I don't think we should teach boys and girls about healthy eating and exercise in schools. We should teach boys and girls about compassion, care, empathy, courage, flexibility, resilience...any number of facets that will be helpful in their wellbeing as they grow and the wellbeing of those around them as well. Girls and boys should learn how to cook, not learn about macronutrients. They should learn how to swap family recipes, not how to skip desserts and watch the salt intake. They need enough free time to be outside and playing—unstructured play. That's all the connection they need to the joy of being active to want to maintain the habit throughout life.

What I like about Operation Beautiful is that there is beauty within it. But the beauty is not in being told you're beautiful; the beauty is actually in the giving and receiving of kindness, empathy and compassion.

What I don't like is the undertow of a message that suggests beauty is self-acceptance, self-worth and a bunch of hygiene habits that you blog about to try to whitewash the anxiety you have that those habits could be all that stand between you and ugliness.

I am neither beautiful nor ugly. I don't exist on either plane and I don't accept the either/or and the obligatory simplification it implies of my existence on the planet. And what I really have appreciated so much about the community that has been developing here on this site is that everyone is seeking that "neither/nor" space to break away from even the well-meaning but still horribly reductive concepts of beauty.

What Matters Most

The whole inspiration for this post comes from one of our members who is working her recovery very, very hard. She submitted a well known image of a kitten looking in the mirror and a lion is staring back in the reflection and she offered it up as motivation. It's that the image reflects potential, courage and hope that perhaps makes it a truer reflection of beauty than a 5K run, flossing the teeth twice a day or dedicating yourself to raw food lunches.

I know now when someone has not only reached remission but is liable to move on from this site. They often describe something in their lives that may or may not be a self-revelation but certainly reveals that moment of passage to me. Perhaps they may have to return someday for a tune-up, but generally the world of hygiene is just habit to them and something else has captured their imagination, their passion and their existence. They don't just escape from the beauty trap, they transcend it.

I remember one in particular, because she was one of the first that I walked alongside as she struggled to recover from originally anorexia, then bulimia, then anorexia athletica, and her moment was when she spoke of a day at work. She was horrified and shocked that her colleagues were so derogatory and pretty much blatantly racist towards Latina women who enter the facility for medical attention (she was in the health care industry obviously). The veteran colleagues assured her that with time she would become weary and frustrated by them as well. She reflected that she could never imagine doing so.

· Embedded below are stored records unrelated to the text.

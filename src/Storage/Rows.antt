-- ===== src/Storage/Rows.antt =====
-- Source/CBL_SQLiteStorage.m: which rows the forms of SQL statement leave or return.
use couchbase_lite_ios.Base.{
  ◌≡◌, refl, ap, ◌⊎◌, inl, inr, Bool, true, false, not, some, List, [], ◌∷◌, ◌++◌, map,
  if◌then◌else◌, arith, Bool-cases,
}
use couchbase_lite_ios.Storage.Table.{
  Row, where_rows, first_row, any_row, update_where, insert_by, order_by, delete_where,
  forget_parent,
}

-- Membership in a result, with the place.
abbrev pub In : {A : Type 0} → A → List A → Type 0
In x [] = ⊥
In x (y ∷ ys) = (x ≡ y) ⊎ In x ys

module _ {A : Type 0} where
  pub In-where_rows :
      (test : A → Bool) (x : A) (xs : List A)
      → In x (where_rows test xs)
      → In x xs × (test x ≡ true)
  unfolding where_rows
  In-where_rows test x [] h = absurd h
  In-where_rows test x (y ∷ ys) h = elim (Bool-cases (test y)) [
    | inl kept ↦ elim (rw kept at h) [
      | inl e ↦ (inl e, rw e kept)
      | inr later ↦ let (place, passes) = In-where_rows test x ys later in (inr place, passes)
    ]
    | inr dropped ↦
        let (place, passes) = In-where_rows test x ys (rw dropped at h) in (inr place, passes)
  ]

  pub where_rows-In :
      (test : A → Bool) (x : A) (xs : List A) → In x xs → test x ≡ true → In x (where_rows test xs)
  unfolding where_rows
  where_rows-In test x [] h p = absurd h
  where_rows-In test x (y ∷ ys) (inl e) p = rw (rw e at p) (inl e)
  where_rows-In test x (y ∷ ys) (inr h) p = elim (Bool-cases (test y)) [
    | inl kept ↦ rw kept (inr (where_rows-In test x ys h p))
    | inr dropped ↦ rw dropped (where_rows-In test x ys h p)
  ]

  pub In-update_where :
      (test : A → Bool) (change : A → A) (y : A) (xs : List A)
      → In y (update_where test change xs)
      → (x : A) × In x xs × (y ≡ (if test x then change x else x))
  unfolding update_where
  In-update_where test change y [] h = absurd h
  In-update_where test change y (x ∷ xs) (inl e) = (x, inl refl, e)
  In-update_where test change y (x ∷ xs) (inr h) =
      let (z, place, e) = In-update_where test change y xs h in (z, inr place, e)

  pub update_where-In :
      (test : A → Bool) (change : A → A) (x : A) (xs : List A)
      → In x xs
      → In (if test x then change x else x) (update_where test change xs)
  unfolding update_where
  update_where-In test change x [] h = absurd h
  update_where-In test change x (y ∷ ys) (inl e) = inl (rw e)
  update_where-In test change x (y ∷ ys) (inr h) = inr (update_where-In test change x ys h)

  pub In-append : (x : A) (xs ys : List A) → In x (xs ++ ys) → In x xs ⊎ In x ys
  In-append x [] ys h = inr h
  In-append x (z ∷ zs) ys (inl e) = inl (inl e)
  In-append x (z ∷ zs) ys (inr h) = elim (In-append x zs ys h) [
    | inl a ↦ inl (inr a)
    | inr b ↦ inr b
  ]

  pub append-In_left : (x : A) (xs ys : List A) → In x xs → In x (xs ++ ys)
  append-In_left x [] ys h = absurd h
  append-In_left x (z ∷ zs) ys (inl e) = inl e
  append-In_left x (z ∷ zs) ys (inr h) = inr (append-In_left x zs ys h)

  pub append-In_right : (x : A) (xs ys : List A) → In x ys → In x (xs ++ ys)
  append-In_right x [] ys h = h
  append-In_right x (z ∷ zs) ys h = inr (append-In_right x zs ys h)

  pub In-map :
      {B : Type 0} (f : A → B) (y : B) (xs : List A)
      → In y (map f xs)
      → (x : A) × In x xs × (y ≡ f x)
  In-map f y [] h = absurd h
  In-map f y (x ∷ xs) (inl e) = (x, inl refl, e)
  In-map f y (x ∷ xs) (inr h) = let (z, place, e) = In-map f y xs h in (z, inr place, e)

  pub map-In : {B : Type 0} (f : A → B) (x : A) (xs : List A) → In x xs → In (f x) (map f xs)
  map-In f x [] h = absurd h
  map-In f x (y ∷ ys) (inl e) = inl (ap f e)
  map-In f x (y ∷ ys) (inr h) = inr (map-In f x ys h)

  pub In-insert_by :
      (before : A → A → Bool) (x y : A) (ys : List A)
      → In x (insert_by before y ys)
      → (x ≡ y) ⊎ In x ys
  unfolding insert_by
  In-insert_by before x y [] h = h
  In-insert_by before x y (z ∷ zs) h = elim (Bool-cases (before z y)) [
    | inl first ↦ elim (rw first at h) [
      | inl e ↦ inr (inl e)
      | inr later ↦ elim (In-insert_by before x y zs later) [
        | inl e ↦ inl e
        | inr place ↦ inr (inr place)
      ]
    ]
    | inr here ↦ rw here at h
  ]

  insert_by-In :
      (before : A → A → Bool) (x y : A) (ys : List A)
      → (x ≡ y) ⊎ In x ys
      → In x (insert_by before y ys)
  unfolding insert_by
  insert_by-In before x y [] h = h
  insert_by-In before x y (z ∷ zs) h = elim (Bool-cases (before z y)) [
    | inl first ↦ rw first (elim h [
      | inl e ↦ inr (insert_by-In before x y zs (inl e))
      | inr (inl e) ↦ inl e
      | inr (inr place) ↦ inr (insert_by-In before x y zs (inr place))
    ])
    | inr here ↦ rw here h
  ]

  pub In-order_by :
      (before : A → A → Bool) (x : A) (xs : List A) → In x (order_by before xs) → In x xs
  unfolding order_by
  In-order_by before x [] h = h
  In-order_by before x (y ∷ ys) h = elim (In-insert_by before x y (order_by before ys) h) [
    | inl e ↦ inl e
    | inr later ↦ inr (In-order_by before x ys later)
  ]

  pub order_by-In :
      (before : A → A → Bool) (x : A) (xs : List A) → In x xs → In x (order_by before xs)
  unfolding order_by
  order_by-In before x [] h = h
  order_by-In before x (y ∷ ys) (inl e) = insert_by-In before x y (order_by before ys) (inl e)
  order_by-In before x (y ∷ ys) (inr h) =
      insert_by-In before x y (order_by before ys) (inr (order_by-In before x ys h))

  pub first_row-In : (x : A) (xs : List A) → first_row xs ≡ some x → In x xs
  first_row-In x [] h = cc
  first_row-In x (y ∷ ys) h = inl (cc)

  pub not-any_row :
      (test : A → Bool) (x : A) (xs : List A) → any_row test xs ≡ false → In x xs → test x ≡ false
  unfolding any_row
  not-any_row test x [] n h = absurd h
  not-any_row test x (y ∷ ys) n (inl e) = rw e (ground arith)
  not-any_row test x (y ∷ ys) n (inr h) = not-any_row test x ys (ground arith) h

-- A deletion leaves the other rows, with the links to deleted rows set to NULL.
pub In-delete_where :
    (test : Row → Bool) (y : Row) (rows : List Row)
    → In y (delete_where test rows)
    → (x : Row) × In x rows
      × (test x ≡ false)
      × (y ≡ forget_parent (map (λ (r : Row). r.sequence) (where_rows test rows)) x)
unfolding delete_where
In-delete_where test y rows h =
    let (x, place, e) =
      In-map (forget_parent (map (λ (r : Row). r.sequence) (where_rows test rows))) y
        (where_rows (λ r. not (test r)) rows) h in
    let (place', passes) = In-where_rows (λ r. not (test r)) x rows place in
    (x, place', ground arith, e)

pub delete_where-In :
    (test : Row → Bool) (x : Row) (rows : List Row)
    → In x rows
    → test x ≡ false
    → In
        (forget_parent (map (λ (r : Row). r.sequence) (where_rows test rows)) x)
        (delete_where test rows)
unfolding delete_where
delete_where-In test x rows h p =
    map-In (forget_parent (map (λ (r : Row). r.sequence) (where_rows test rows))) x _
      (where_rows-In (λ r. not (test r)) x rows h (rw p))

I knew right then that she would soon move on from her past struggles with the eating disorder (she had successfully restored her weight and health at that point some months prior). And the reason I knew is the same reason that I know that to this day, and in the decades to come, she will never treat those women the way her colleagues do no matter how many years she is at that job.

We find our reason. Our purpose. The same poster who provided our kitten with the heart of a lion was concerned that nothing seemed particularly special about her. She could not be more wrong. And I am already counting the days when there will be that same moment where (whether she recognizes it at the time or not) I will know that she is about to transcend any need to feel special because she lives it.

That is what a healthy tipping point really looks like.